Print the whole listing, keeping every line exactly as given.

===============

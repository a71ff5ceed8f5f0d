-- ===== src/Flows/Validator/Leads.antt =====
-- What the handlers of a validated state lead to: a state that is there, or none.
use nodestack.Prelude.{
  ℕ, ◌+◌, min, String, true, Option, none, some, inl, inr, ◌&&◌, ◌||◌, ◌≡◌, ◌=ₜ◌, refl, ltb,
  or_default, Bool-cases, if-both,
}
use nodestack.Prelude.Int.{ℤ}
use nodestack.Json.{Json}
use nodestack.Flows.Types.{
  ChoiceRule, rule, Rules, no_rules, rules, BaseState, FlowState, flow_state, Kind, task, choice,
  map_items, loop, parallel, pass, wait, succeed, fail, States,
}
use nodestack.Flows.Choices.{evaluate, find_next_state, next_of}
use nodestack.Flows.Handlers.{
  Handled, handled, thrown, Attempt, Counters, TaskCall, unavailable, not_found, denied,
  succeeded_with, failed_with, Settled, all_done, some_failed, max_iterations_of, settle_items,
  settle_branches, items_of, execute_handler, finish_task, finish_settled, finish_choice,
  finish_loop, finish, non_empty,
}
use nodestack.Flows.Validator.{
  require, key_exists, validate_base, validate_kind, validate_state, validate_rules, has_rules,
  choices_missing, default_unknown, target_unknown, validate_choice_rule,
}
use nodestack.Flows.Payload.{get, resolve_input}
use nodestack.Flows.Validator.Targets.{
  orelse-none, require-none, Placed, if_given-Placed, exists-Placed, base-Placed,
}

-- The result of a handler leads to a state that is there.
abbrev pub Leads : States → Handled → Type 0
Leads all (handled r) = Placed all r.next_state
Leads all (thrown e) = Unit

module _ (all : States) where
  finish_task-Leads :
      (function : String) (b : BaseState) (payload : Option Json) (c : TaskCall)
      → Placed all b.next
      → Leads all (finish_task function b payload c)
  unfolding finish_task finish
  finish_task-Leads f b p unavailable h = tt
  finish_task-Leads f b p not_found h = tt
  finish_task-Leads f b p (denied e) h = tt
  finish_task-Leads f b p (succeeded_with body) h = h
  finish_task-Leads f b p (failed_with code e) h = tt

  finish_settled-Leads :
      (b : BaseState) (payload : Option Json) (n : ℕ) (s : Settled)
      → Placed all b.next
      → Leads all (finish_settled b payload n s)
  unfolding finish_settled finish
  finish_settled-Leads b p n (all_done xs) h = h
  finish_settled-Leads b p n (some_failed e es) h = tt

  finish_choice-Leads :
      (name : String) (b : BaseState) (payload : Option Json) (o : Option String)
      → Placed all o
      → Leads all (finish_choice name b payload o)
  unfolding finish_choice
  finish_choice-Leads name b p none h = tt
  finish_choice-Leads name b p (some n) h = elim (Bool-cases (n =ₜ "")) [
    | inl e ↦ rw (e, finish_choice, non_empty) tt
    | inr e ↦ rw (e, finish_choice, non_empty) h
  ]

  rule-Placed :
      (name : String) (r : ChoiceRule)
      → validate_choice_rule name all true r ≡ none
      → Placed all (next_of r)
  unfolding validate_choice_rule
  rule-Placed name (rule c a o n next) h =
      exists-Placed all next (require-none _ _ (orelse-none _ _ h).0)

  choices-Placed :
      (parse_number : Json → Option ℤ) (name : String) (rs : Rules) (default : Option String)
      (payload : Option Json)
      → validate_rules name all true rs ≡ none
      → Placed all default
      → Placed all (find_next_state parse_number rs default payload)
  unfolding validate_choice_rule find_next_state
  choices-Placed f name no_rules default payload h k = k
  choices-Placed f name (rules r rs) default payload h k =
      let (first_ok, rest_ok) = orelse-none _ _ h in
      if-both (Placed all) (evaluate f r payload) (λ _. rule-Placed name r first_ok)
        (λ _. choices-Placed f name rs default payload rest_ok k)

  choice-Placed :
      (parse_number : Json → Option ℤ) (k : String) (b : BaseState) (rs : Rules)
      (default : Option String) (payload : Option Json)
      → validate_kind k all b (choice rs default) ≡ none
      → Placed all (find_next_state parse_number rs default payload)
  unfolding validate_kind
  choice-Placed f k b rs default payload h =
      let (_, h₁) = orelse-none (require (has_rules rs) (choices_missing k)) _ h in
      let (rules_ok, default_ok) = orelse-none (validate_rules k all true rs) _ h₁ in
      choices-Placed f k rs default payload rules_ok
        (if_given-Placed all default (require-none _ (default_unknown k) default_ok))

  loop-Leads :
      (parse_number : Json → Option ℤ) (name k : String) (b : BaseState) (target : String)
      (condition : ChoiceRule) (max : Option ℕ) (count : ℕ) (payload : Option Json)
      → Placed all b.next
      → validate_kind k all b (loop target condition max) ≡ none
      → Leads all
          (finish_loop parse_number name b target condition (max_iterations_of max) count payload)
  unfolding validate_kind finish_loop
  loop-Leads f name k b target condition max count payload next_ok h =
      let (target_ok, _) =
        orelse-none (require (key_exists (some target) all) (target_unknown k)) _ h in
      if-both (Leads all) (ltb (max_iterations_of max) count) (λ _. tt)
        (λ _.
          if-both (Placed all) (evaluate f condition payload)
            (λ _. exists-Placed all (some target) (require-none _ (target_unknown k) target_ok))
            (λ _. next_ok))

  handler-Leads :
      (parse_number : Json → Option ℤ) (name k : String) (b : BaseState) (kind : Kind)
      (payload : Option Json) (a : Attempt) (counters : Counters)
      → Placed all b.next
      → validate_kind k all b kind ≡ none
      → Leads all (execute_handler parse_number name (flow_state b kind) payload a counters).0
  unfolding execute_handler finish
  handler-Leads f name k b (task function e r retry catch) payload a c next_ok h =
      finish_task-Leads function b payload
        (a.call function (e || r) (resolve_input payload b.input_path)) next_ok
  handler-Leads f name k b (choice rs default) payload a c next_ok h =
      finish_choice-Leads name b payload (find_next_state f rs default payload)
        (choice-Placed f k b rs default payload h)
  handler-Leads f name k b (map_items path limit start inner retry catch) payload a c next_ok h =
      finish_settled-Leads b payload a.first_rejection
        (settle_items (a.sub_flow inner start) (items_of (get payload (some path) none))) next_ok
  handler-Leads f name k b (loop target condition max) payload a c next_ok h =
      loop-Leads f name k b target condition max (c name + 1) payload next_ok h
  handler-Leads f name k b (parallel bs retry catch) payload a c next_ok h =
      finish_settled-Leads b payload a.first_rejection
        (settle_branches (λ inner start. a.sub_flow inner start payload) bs) next_ok
  handler-Leads f name k b (pass result) payload a c next_ok h = next_ok
  handler-Leads f name k b (wait seconds) payload a c next_ok h =
      if-both (Leads all) (ltb 0 (min (or_default seconds 1) 60) && a.aborted_in_wait) (λ _. tt)
        (λ _. next_ok)
  handler-Leads f name k b succeed payload a c next_ok h = refl
  handler-Leads f name k b (fail error cause) payload a c next_ok h = refl

  pub execute_handler-Leads :
      (parse_number : Json → Option ℤ) (name k : String) (s : FlowState) (payload : Option Json)
      (a : Attempt) (counters : Counters)
      → validate_state k all s ≡ none
      → Leads all (execute_handler parse_number name s payload a counters).0
  unfolding validate_state
  execute_handler-Leads f name k (flow_state b kind) payload a counters h =
      let (base_ok, kind_ok) = orelse-none (validate_base k all b) _ h in
      handler-Leads f name k b kind payload a counters (base-Placed k all b base_ok) kind_ok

===============

### Task answer
repository a71ff5ceed8f5f0d
-- ===== src/Flows/Validator/Leads.antt =====
-- What the handlers of a validated state lead to: a state that is there, or none.
use nodestack.Prelude.{
  ℕ, ◌+◌, min, String, true, Option, none, some, inl, inr, ◌&&◌, ◌||◌, ◌≡◌, ◌=ₜ◌, refl, ltb,
  or_default, Bool-cases, if-both,
}
use nodestack.Prelude.Int.{ℤ}
use nodestack.Json.{Json}
use nodestack.Flows.Types.{
  ChoiceRule, rule, Rules, no_rules, rules, BaseState, FlowState, flow_state, Kind, task, choice,
  map_items, loop, parallel, pass, wait, succeed, fail, States,
}
use nodestack.Flows.Choices.{evaluate, find_next_state, next_of}
use nodestack.Flows.Handlers.{
  Handled, handled, thrown, Attempt, Counters, TaskCall, unavailable, not_found, denied,
  succeeded_with, failed_with, Settled, all_done, some_failed, max_iterations_of, settle_items,
  settle_branches, items_of, execute_handler, finish_task, finish_settled, finish_choice,
  finish_loop, finish, non_empty,
}
use nodestack.Flows.Validator.{
  require, key_exists, validate_base, validate_kind, validate_state, validate_rules, has_rules,
  choices_missing, default_unknown, target_unknown, validate_choice_rule,
}
use nodestack.Flows.Payload.{get, resolve_input}
use nodestack.Flows.Validator.Targets.{
  orelse-none, require-none, Placed, if_given-Placed, exists-Placed, base-Placed,
}

-- The result of a handler leads to a state that is there.
abbrev pub Leads : States → Handled → Type 0
Leads all (handled r) = Placed all r.next_state
Leads all (thrown e) = Unit

module _ (all : States) where
  finish_task-Leads :
      (function : String) (b : BaseState) (payload : Option Json) (c : TaskCall)
      → Placed all b.next
      → Leads all (finish_task function b payload c)
  unfolding finish_task finish
  finish_task-Leads f b p unavailable h = tt
  finish_task-Leads f b p not_found h = tt
  finish_task-Leads f b p (denied e) h = tt
  finish_task-Leads f b p (succeeded_with body) h = h
  finish_task-Leads f b p (failed_with code e) h = tt

  finish_settled-Leads :
      (b : BaseState) (payload : Option Json) (n : ℕ) (s : Settled)
      → Placed all b.next
      → Leads all (finish_settled b payload n s)
  unfolding finish_settled finish
  finish_settled-Leads b p n (all_done xs) h = h
  finish_settled-Leads b p n (some_failed e es) h = tt

  finish_choice-Leads :
      (name : String) (b : BaseState) (payload : Option Json) (o : Option String)
      → Placed all o
      → Leads all (finish_choice name b payload o)
  unfolding finish_choice
  finish_choice-Leads name b p none h = tt
  finish_choice-Leads name b p (some n) h = elim (Bool-cases (n =ₜ "")) [
    | inl e ↦ rw (e, finish_choice, non_empty) tt
    | inr e ↦ rw (e, finish_choice, non_empty) h
  ]

  rule-Placed :
      (name : String) (r : ChoiceRule)
      → validate_choice_rule name all true r ≡ none
      → Placed all (next_of r)
  unfolding validate_choice_rule
  rule-Placed name (rule c a o n next) h =
      exists-Placed all next (require-none _ _ (orelse-none _ _ h).0)

  choices-Placed :
      (parse_number : Json → Option ℤ) (name : String) (rs : Rules) (default : Option String)
      (payload : Option Json)
      → validate_rules name all true rs ≡ none
      → Placed all default
      → Placed all (find_next_state parse_number rs default payload)
  unfolding validate_choice_rule find_next_state
  choices-Placed f name no_rules default payload h k = k
  choices-Placed f name (rules r rs) default payload h k =
      let (first_ok, rest_ok) = orelse-none _ _ h in
      if-both (Placed all) (evaluate f r payload) (λ _. rule-Placed name r first_ok)
        (λ _. choices-Placed f name rs default payload rest_ok k)

  choice-Placed :
      (parse_number : Json → Option ℤ) (k : String) (b : BaseState) (rs : Rules)
      (default : Option String) (payload : Option Json)
      → validate_kind k all b (choice rs default) ≡ none
      → Placed all (find_next_state parse_number rs default payload)
  unfolding validate_kind
  choice-Placed f k b rs default payload h =
      let (_, h₁) = orelse-none (require (has_rules rs) (choices_missing k)) _ h in
      let (rules_ok, default_ok) = orelse-none (validate_rules k all true rs) _ h₁ in
      choices-Placed f k rs default payload rules_ok
        (if_given-Placed all default (require-none _ (default_unknown k) default_ok))

  loop-Leads :
      (parse_number : Json → Option ℤ) (name k : String) (b : BaseState) (target : String)
      (condition : ChoiceRule) (max : Option ℕ) (count : ℕ) (payload : Option Json)
      → Placed all b.next
      → validate_kind k all b (loop target condition max) ≡ none
      → Leads all
          (finish_loop parse_number name b target condition (max_iterations_of max) count payload)
  unfolding validate_kind finish_loop
  loop-Leads f name k b target condition max count payload next_ok h =
      let (target_ok, _) =
        orelse-none (require (key_exists (some target) all) (target_unknown k)) _ h in
      if-both (Leads all) (ltb (max_iterations_of max) count) (λ _. tt)
        (λ _.
          if-both (Placed all) (evaluate f condition payload)
            (λ _. exists-Placed all (some target) (require-none _ (target_unknown k) target_ok))
            (λ _. next_ok))

  handler-Leads :
      (parse_number : Json → Option ℤ) (name k : String) (b : BaseState) (kind : Kind)
      (payload : Option Json) (a : Attempt) (counters : Counters)
      → Placed all b.next
      → validate_kind k all b kind ≡ none
      → Leads all (execute_handler parse_number name (flow_state b kind) payload a counters).0
  unfolding execute_handler finish
  handler-Leads f name k b (task function e r retry catch) payload a c next_ok h =
      finish_task-Leads function b payload
        (a.call function (e || r) (resolve_input payload b.input_path)) next_ok
  handler-Leads f name k b (choice rs default) payload a c next_ok h =
      finish_choice-Leads name b payload (find_next_state f rs default payload)
        (choice-Placed f k b rs default payload h)
  handler-Leads f name k b (map_items path limit start inner retry catch) payload a c next_ok h =
      finish_settled-Leads b payload a.first_rejection
        (settle_items (a.sub_flow inner start) (items_of (get payload (some path) none))) next_ok
  handler-Leads f name k b (loop target condition max) payload a c next_ok h =
      loop-Leads f name k b target condition max (c name + 1) payload next_ok h
  handler-Leads f name k b (parallel bs retry catch) payload a c next_ok h =
      finish_settled-Leads b payload a.first_rejection
        (settle_branches (λ inner start. a.sub_flow inner start payload) bs) next_ok
  handler-Leads f name k b (pass result) payload a c next_ok h = next_ok
  handler-Leads f name k b (wait seconds) payload a c next_ok h =
      if-both (Leads all) (ltb 0 (min (or_default seconds 1) 60) && a.aborted_in_wait) (λ _. tt)
        (λ _. next_ok)
  handler-Leads f name k b succeed payload a c next_ok h = refl
  handler-Leads f name k b (fail error cause) payload a c next_ok h = refl

  pub execute_handler-Leads :
      (parse_number : Json → Option ℤ) (name k : String) (s : FlowState) (payload : Option Json)
      (a : Attempt) (counters : Counters)
      → validate_state k all s ≡ none
      → Leads all (execute_handler parse_number name s payload a counters).0
  unfolding validate_state
  execute_handler-Leads f name k (flow_state b kind) payload a counters h =
      let (base_ok, kind_ok) = orelse-none (validate_base k all b) _ h in
      handler-Leads f name k b kind payload a counters (base-Placed k all b base_ok) kind_ok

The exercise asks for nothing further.